Australia's supporters can take great heart from this victory because, one or two wayward deliveries aside, this was a return to business as usual.

Even the fielding, which has been ragged since they arrived, was back to its aggressive best.

And this time, having fought their way into a winning position, they did not let their grip slip.

The return of Brett Lee made a telling difference to their bowling attack. Firing away at 90mph, he also swung the white ball into the left-handed openers, Marcus Trescothick and Andrew Strauss, making scoring virtually impossible.

Having Brett Lee back was a major bonus for the Aussies
Having Brett Lee back was a major bonus for the Aussies

More worrying, though, was the manner in which Strauss appeared to be technically deficient in dealing with it.

The Australians will take note because both Lee and Michael Kasprowicz swing the new ball, and at least one of them will play in the first Test.

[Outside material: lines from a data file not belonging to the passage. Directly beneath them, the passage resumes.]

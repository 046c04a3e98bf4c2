-- ===== src/Auth/Window.antt =====
-- `ApiKeyRateLimiter.allow` against the log of the requests that it accepted.
use distributed_file_service.Prelude.{
  All, Bool-cases, List, [], ap, arith, count, if◌then◌else◌, inl, inr, leb, leb→lt, length,
  length-append, not, refl, select, subst, sym, ℕ, ◌&&◌, ◌++◌, ◌<◌, ◌∙◌, ◌∷◌, ◌≡◌, ◌≤◌,
}
use distributed_file_service.Text.{Text, text_eq, text_eq_iff}
use distributed_file_service.Dict.{lookup, lookup-insert}
use distributed_file_service.Models.Rows.{All-append, All-map, length-select}
use distributed_file_service.Auth.{Events, allow, bucket_of, drop_old}
use distributed_file_service.Auth.Buckets.{
  All-select, Sorted, Sorted-append, Sorted-select, count-le-length, drop_old-select, recent,
  select-append, select-select,
}

-- One call of `allow`.
pub record Attempt : Type 0 where
  pub key : Text
  pub now : ℕ

-- In the order of time, from `last` on.
abbrev pub Ordered : ℕ → List Attempt → Type 0
Ordered last [] = Unit
Ordered last (a ∷ rest) = (last ≤ a.now) × Ordered a.now rest

module _ (key : Text) (limit window : ℕ) where
  -- The times of the accepted requests of the key, and the events.
  pub record Run : Type 0 where
    pub log : List ℕ
    pub events : Events

  abbrev pub attempt : Attempt → Run → Run
  attempt a r =
      let o = allow a.key limit window a.now r.events in
      record { log = if text_eq a.key key && o.0 then r.log ++ a.now ∷ [] else r.log; events = o.1 }

  unfoldable pub attempts : List Attempt → Run → Run
  attempts [] r = r
  attempts (a ∷ rest) r = attempts rest (attempt a r)

  -- What a bucket keeps of the log, after the attempts up to `last`.
  record Tracks (last : ℕ) (log bucket : List ℕ) : Type 0 where
    sorted : Sorted bucket
    past : All (λ u. u ≤ last) bucket
    short : length bucket ≤ limit
    agrees : (n : ℕ) → last ≤ n → select (recent window n) log ≡ select (recent window n) bucket

  later-Tracks :
      (last now : ℕ) (log bucket : List ℕ)
      → last ≤ now
      → Tracks last log bucket
      → Tracks now log bucket
  later-Tracks last now log bucket h t = record {
    sorted = t.sorted;
    past =
        All-map {P = λ u. u ≤ last} {R = λ u. u ≤ now} bucket (λ u k. omega (arith, h, k)) t.past;
    short = t.short;
    agrees = λ n k. t.agrees n (omega (arith, h, k));
  }

  drop-Tracks :
      (now : ℕ) (log bucket : List ℕ)
      → Tracks now log bucket
      → Tracks now log (drop_old now window bucket)
  drop-Tracks now log bucket t =
      let p = recent window now in
      rw (drop_old-select now window bucket t.sorted) (record {
        sorted = Sorted-select p bucket t.sorted;
        past = All-select (λ u. u ≤ now) p bucket t.past;
        short = omega (arith, length-select p bucket, count-le-length p bucket, t.short);
        agrees = λ n k. t.agrees n k ∙ sym (select-select window now n bucket k);
      })

  add-Tracks :
      (now : ℕ) (log bucket : List ℕ)
      → length bucket < limit
      → Tracks now log bucket
      → Tracks now (log ++ now ∷ []) (bucket ++ now ∷ [])
  add-Tracks now log bucket h t = record {
    sorted = Sorted-append bucket now t.sorted t.past;
    past = All-append (λ u. u ≤ now) bucket (now ∷ []) t.past (omega arith, tt);
    short = omega (arith, length-append bucket (now ∷ []), h);
    agrees = λ n k.
        rw
          (
            select-append (recent window n) log (now ∷ []),
            select-append (recent window n) bucket (now ∷ []),
            t.agrees n k,
          )
          refl;
  }

  -- What a call makes of the bucket of the key.
  bucket-allow :
      (k : Text) (now : ℕ) (events : Events)
      → 0 < limit
      → let b = drop_old now window (bucket_of k events) in
        bucket_of key (allow k limit window now events).1 ≡ (
          if text_eq k key
          then (if leb limit (length b) then b else b ++ now ∷ [])
          else bucket_of key events)
  unfolding allow
  bucket-allow k now events pos =
      let b = drop_old now window (bucket_of k events) in
      ground (
        arith,
        lookup-insert k key b events,
        lookup-insert k key (b ++ now ∷ []) events,
        text_eq_iff k key,
      )

  allow-result :
      (k : Text) (now : ℕ) (events : Events)
      → 0 < limit
      → (allow k limit window now events).0
        ≡ not (leb limit (length (drop_old now window (bucket_of k events))))
  unfolding allow
  allow-result k now events pos = ground arith

  attempt-Tracks :
      (a : Attempt) (r : Run) (last : ℕ)
      → 0 < limit
      → last ≤ a.now
      → Tracks last r.log (bucket_of key r.events)
      → Tracks a.now (attempt a r).log (bucket_of key (attempt a r).events)
  attempt-Tracks a r last pos h t =
      let now = a.now in
      let u = later-Tracks last now r.log (bucket_of key r.events) h t in
      elim (Bool-cases (text_eq a.key key)) [
        | inr other ↦ rw (bucket-allow a.key now r.events pos, other) u
        | inl own ↦
            let same : a.key ≡ key = (text_eq_iff a.key key).0 own in
            let mine = subst (λ k. Tracks now r.log (bucket_of k r.events)) (sym same) u in
            let d = drop-Tracks now r.log (bucket_of a.key r.events) mine in
            elim (Bool-cases
              (leb limit (length (drop_old now window (bucket_of a.key r.events))))) [
                | inl full ↦
                    rw
                      (
                        bucket-allow a.key now r.events pos,
                        allow-result a.key now r.events pos,
                        own,
                        full,
                      )
                      d
                | inr room ↦
                    rw
                      (
                        bucket-allow a.key now r.events pos,
                        allow-result a.key now r.events pos,
                        own,
                        room,
                      )
                      (add-Tracks now r.log (drop_old now window (bucket_of a.key r.events))
                        (leb→lt limit _ room) d)
              ]
      ]

  attempts-bound :
      (calls : List Attempt) (r : Run) (last n : ℕ)
      → 0 < limit
      → Ordered last calls
      → last ≤ n
      → All (λ a. a.now ≤ n) calls
      → Tracks last r.log (bucket_of key r.events)
      → count (recent window n) (attempts calls r).log ≤ limit
  unfolding attempts
  attempts-bound [] r last n pos o h e t =
      let p = recent window n in
      let b = bucket_of key r.events in
      omega (
        arith,
        length-select p r.log,
        ap length (t.agrees n h),
        length-select p b,
        count-le-length p b,
        t.short,
      )
  attempts-bound (a ∷ rest) r last n pos o h e t =
      attempts-bound rest (attempt a r) a.now n pos o.1 e.0 e.1 (attempt-Tracks a r last pos o.0 t)

  -- With a positive limit, among the attempts on all keys in the order of time, from a new limiter:
  -- at any time at or after the last of them, at most `limit` of the accepted ones of a key were made
  -- less than `window` before or exactly `window` before.
  pub attempts-le-limit :
      (calls : List Attempt) (n : ℕ)
      → 0 < limit
      → Ordered 0 calls
      → All (λ a. a.now ≤ n) calls
      → count (recent window n) (attempts calls (record { log = []; events = [] })).log ≤ limit
  unfolding lookup
  attempts-le-limit calls n pos o e =
      attempts-bound calls (record { log = []; events = [] }) 0 n pos o (omega arith) e
        (record { sorted = tt; past = tt; short = omega arith; agrees = λ n h. refl })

There was another rather ominous portent at the other end, too, where Glenn McGrath had Trescothick in all sorts of trouble.

McGrath has already stated publically that he will not have many problems dealing with him, and he ruthlessly exposed Trescothick's lack of footwork.

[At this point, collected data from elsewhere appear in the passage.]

-- ===== src/Uploads/Interleaved/Completion.antt =====
-- The steps of a request to complete.
use distributed_file_service.Prelude.{
  List, Option, [], count, if◌then◌else◌, none, not, some, ◌==◌, ◌∷◌,
}
use distributed_file_service.Text.{Text, codes}
use distributed_file_service.Exec.{Exec, Outcome, ok, pure, raised, ◌>>=◌, ◌>>◌}
use distributed_file_service.Models.{
  Chunk, Upload, is_completed, is_in_progress, is_initiated, uploaded_of,
}
use distributed_file_service.Json.{str}
use distributed_file_service.World.{AuthUser, Service, World, fingerprint, open_session}
use distributed_file_service.Uploads.Access.{get_owned_upload}
use distributed_file_service.Uploads.Complete.{
  CompleteUploadResponse, check_file, chunks_of, complete_again, complete_replay, finish_multipart,
  mark_upload, missing_error, still_initiated, wrong_state,
}

-- How far a request to complete is.
pub data CompletePhase : Type 0 where
  loaded : Upload → CompletePhase
  counted : Upload → CompletePhase
  listed : Upload → List Chunk → CompletePhase
  assembled : Upload → CompletePhase
  complete_answered : Outcome CompleteUploadResponse → CompletePhase

abbrev pub complete_phase : Outcome (Upload × Option CompleteUploadResponse) → CompletePhase
complete_phase (raised e) = complete_answered (raised e)
complete_phase (ok (upload, some response)) = complete_answered (ok response)
complete_phase (ok (upload, none)) = loaded upload

module _ {St Q : Type 0} where
  -- All that comes before the tests of the state.
  unfoldable pub load_for_complete :
      Service St Q
      → Text
      → Option Text
      → AuthUser
      → Exec (World St Q) (Upload × Option CompleteUploadResponse)
  load_for_complete v upload_id key user = do
    upload ← get_owned_upload upload_id user
    replay ←
        complete_replay (fingerprint v ((codes "upload_id", str upload_id) ∷ [])) upload_id key user
    pure (upload, replay)

  abbrev pub next_phase :
      {A : Type 0} → CompletePhase → Outcome A × World St Q → CompletePhase × World St Q
  next_phase next (ok a, w) = (next, w)
  next_phase next (raised e, w) = (complete_answered (raised e), w)

  abbrev pub last_phase : Outcome CompleteUploadResponse × World St Q → CompletePhase × World St Q
  last_phase (o, w) = (complete_answered o, w)

  -- The tests of the state, and the count of the uploaded chunks.
  unfoldable pub check_state : Upload → World St Q → CompletePhase
  check_state upload w =
      if is_initiated upload.status
      then complete_answered (raised still_initiated)
      else if not (is_in_progress upload.status)
      then complete_answered (raised wrong_state)
      else if count (uploaded_of upload.id) w.db.chunks == upload.total_chunks
      then counted upload
      else complete_answered (raised missing_error)

  -- The file is checked, and a multipart upload is put together.
  unfoldable pub assemble : Service St Q → Upload → List Chunk → Exec (World St Q) Unit
  assemble v upload chunks = do
    check_file v upload.file_checksum_sha256 chunks
    finish_multipart v upload chunks

  unfoldable pub advance_complete :
      Service St Q → Text → Option Text → CompletePhase → World St Q → CompletePhase × World St Q
  advance_complete v id key (loaded upload) w =
      if is_completed upload.status
      then last_phase (
          complete_again upload (fingerprint v ((codes "upload_id", str id) ∷ [])) key
            (open_session w))
      else (check_state upload w, w)
  advance_complete v id key (counted upload) w = (listed upload (chunks_of upload.id w.db), w)
  advance_complete v id key (listed upload chunks) w =
      next_phase (assembled upload) (assemble v upload chunks w)
  advance_complete v id key (assembled upload) w =
      last_phase
        (mark_upload upload (fingerprint v ((codes "upload_id", str id) ∷ [])) key (open_session w))
  advance_complete v id key (complete_answered o) w = (complete_answered o, w)
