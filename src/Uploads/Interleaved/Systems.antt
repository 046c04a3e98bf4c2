-- ===== src/Uploads/Interleaved/Systems.antt =====
-- The shared state with all requests on chunks and on completion that wait, and what can happen
-- next. The handlers that do not wait are one step each.
use distributed_file_service.Prelude.{List, Option, [], suc, zero, ℕ, ◌∷◌}
use distributed_file_service.Text.{Text}
use distributed_file_service.World.{AuthUser, Service, World, open_session}
use distributed_file_service.Uploads.Persist.{Schedule}
use distributed_file_service.Uploads.ChunkUpload.{ChunkRequest}
use distributed_file_service.Uploads.Serve.{Request, handle}
use distributed_file_service.Uploads.Interleaved.Chunks.{
  ChunkPhase, advance_chunk, load_for_chunk, target_phase,
}
use distributed_file_service.Uploads.Interleaved.Completion.{
  CompletePhase, advance_complete, complete_phase, load_for_complete,
}

pub data Thread : Type 0 where
  chunk_thread : Schedule → ChunkRequest → ChunkPhase → Thread
  complete_thread : Text → Option Text → CompletePhase → Thread

pub record System (St Q : Type 0) : Type 0 where
  pub world : World St Q
  pub threads : List Thread

-- A request comes in and loads its upload, or is answered at once; or a request
-- goes one step on; or the clock moves.
pub data Event : Type 0 where
  chunk_comes : Schedule → ChunkRequest → AuthUser → Event
  complete_comes : Text → Option Text → AuthUser → Event
  other_comes : Request → AuthUser → Event
  advances : ℕ → Event
  clock_shows : ℕ → Event

module _ {St Q : Type 0} where
  unfoldable pub advance_thread : Service St Q → Thread → World St Q → Thread × World St Q
  advance_thread v (chunk_thread schedule r phase) w =
      let (phase', w') = advance_chunk v schedule r phase w in (chunk_thread schedule r phase', w')
  advance_thread v (complete_thread id key phase) w =
      let (phase', w') = advance_complete v id key phase w in (complete_thread id key phase', w')

  unfoldable pub advance_at : Service St Q → ℕ → List Thread → World St Q → List Thread × World St Q
  advance_at v n [] w = ([], w)
  advance_at v zero (t ∷ ts) w = let (t', w') = advance_thread v t w in (t' ∷ ts, w')
  advance_at v (suc n) (t ∷ ts) w = let (ts', w') = advance_at v n ts w in (t ∷ ts', w')

  unfoldable pub step : Service St Q → Event → System St Q → System St Q
  step v (chunk_comes schedule r user) s =
      let (o, w) = load_for_chunk r user (open_session s.world) in
      record { world = w; threads = chunk_thread schedule r (target_phase o) ∷ s.threads }
  step v (complete_comes id key user) s =
      let (o, w) = load_for_complete v id key user (open_session s.world) in
      record { world = w; threads = complete_thread id key (complete_phase o) ∷ s.threads }
  step v (other_comes request user) s = record s {
    world = handle v user request (open_session s.world);
  }
  step v (advances n) s =
      let (ts, w) = advance_at v n s.threads s.world in record { world = w; threads = ts }
  step v (clock_shows time) s = record s { world = record s.world { now = time } }

  unfoldable pub run : Service St Q → List Event → System St Q → System St Q
  run v [] s = s
  run v (e ∷ es) s = run v es (step v e s)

There was a lovely moment when Trescothick played and missed at a ball that moved away off the seam. McGrath's very obvious knowing smile said it all: "I'll see you in the Test series, mate!"

And, a McGrath over later, Trescothick edged a catch to the wicket-keeper for a tortuous 15-ball duck.

England's decision to put Australia in to bat was also flawed.

Nobody in their right mind chooses to bat in the evening under lights.

Trescothick said the light would not deteriorate markedly, but as soon as the sun went behind a cloud, it made batting awkward. England should have batted first, using the best of the conditions, rather than leave things to chance.

It might not have made any difference to the outcome.

Australia's pride has been damaged in the last 10 days - their defeat to Bangladesh hurt enormously - but they have now regrouped.

Ricky Ponting's team means business, of that we can be sure.